▶ **DATA SUPPLIED**

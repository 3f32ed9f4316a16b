-- ===== src/Currency.antt =====
-- The exchange rate of dollars to naira, with its cache in the database, and the conversion
-- (app/modules/reporting/domain/billing/currency.py). A rate is a whole number of hundred-millionths,
-- an amount of dollars a whole number of cents.
use cloud_sentinel_ai.Base.{
  ℕ, ◌+◌, ◌*◌, ◌/◌, ◌%◌, Instant, hours, Bool, true, false, Option, none, some, ltb, if◌then◌else◌,
}
pub mod Rates
mod Samples

-- The row of the two currencies, which are its primary key.
pub record ExchangeRate : Type 0 where
  pub rate : ℕ
  pub last_updated : Instant

-- What one call meets: whether its query and its update succeed, the configured key, what
-- `_fetch_from_api` returns or that it raises, and the rate that the column keeps of one.
pub record Outside : Type 0 where
  pub can_read : Bool
  pub can_write : Bool
  pub has_api_key : Bool
  pub fetch_from_api : Option ℕ
  pub numeric : ℕ → ℕ
  pub fallback_ngn_rate : ℕ

abbrev pub cache_ttl_hours : ℕ
cache_ttl_hours = 24

abbrev pub is_fresh : Instant → ExchangeRate → Bool
is_fresh now r = ltb now (r.last_updated + hours cache_ttl_hours)

-- `rate_obj` after the query.
abbrev pub read_cache : Outside → Option ExchangeRate → Option ExchangeRate
read_cache out row = if out.can_read then row else none

abbrev pub update_db_cache : Outside → Instant → ℕ → Option ExchangeRate → Option ExchangeRate
update_db_cache out now rate row =
    if out.can_write then some (record { rate = out.numeric rate; last_updated = now }) else row

abbrev pub last_resort : Outside → Option ExchangeRate → ℕ
last_resort out none = out.fallback_ngn_rate
last_resort out (some r) = r.rate

abbrev pub fetched : Outside → Option ℕ
fetched out = if out.has_api_key then out.fetch_from_api else none

abbrev pub from_api :
    Outside
    → Instant
    → Option ExchangeRate
    → Option ℕ
    → Option ExchangeRate
    → ℕ × Option ExchangeRate
from_api out now rate_obj none row = (last_resort out rate_obj, row)
from_api out now rate_obj (some rate) row = (rate, update_db_cache out now rate row)

abbrev pub from_cache :
    Outside → Instant → Option ExchangeRate → Option ExchangeRate → ℕ × Option ExchangeRate
from_cache out now none row = from_api out now none (fetched out) row
from_cache out now (some r) row =
    if is_fresh now r then (r.rate, row) else from_api out now (some r) (fetched out) row

unfoldable pub get_ngn_rate : Outside → Instant → Option ExchangeRate → ℕ × Option ExchangeRate
get_ngn_rate out now row = from_cache out now (read_cache out row) row

-- `round`, to the nearest whole naira and from a half to the even one.
unfoldable pub round_naira : ℕ → ℕ
round_naira n =
    let q = n / 10000000000 in
    let r = n % 10000000000 in
    if ltb r 5000000000 then q else if ltb 5000000000 r then q + 1 else q + q % 2

unfoldable pub convert_usd_to_ngn : ℕ → ℕ → ℕ
unfolding round_naira
convert_usd_to_ngn usd_amount rate = round_naira (usd_amount * rate) * 100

▶ **TASK GOAL**
Give nothing but the number of lines in the entries that include "dollars".

▶ **SOLUTION**
2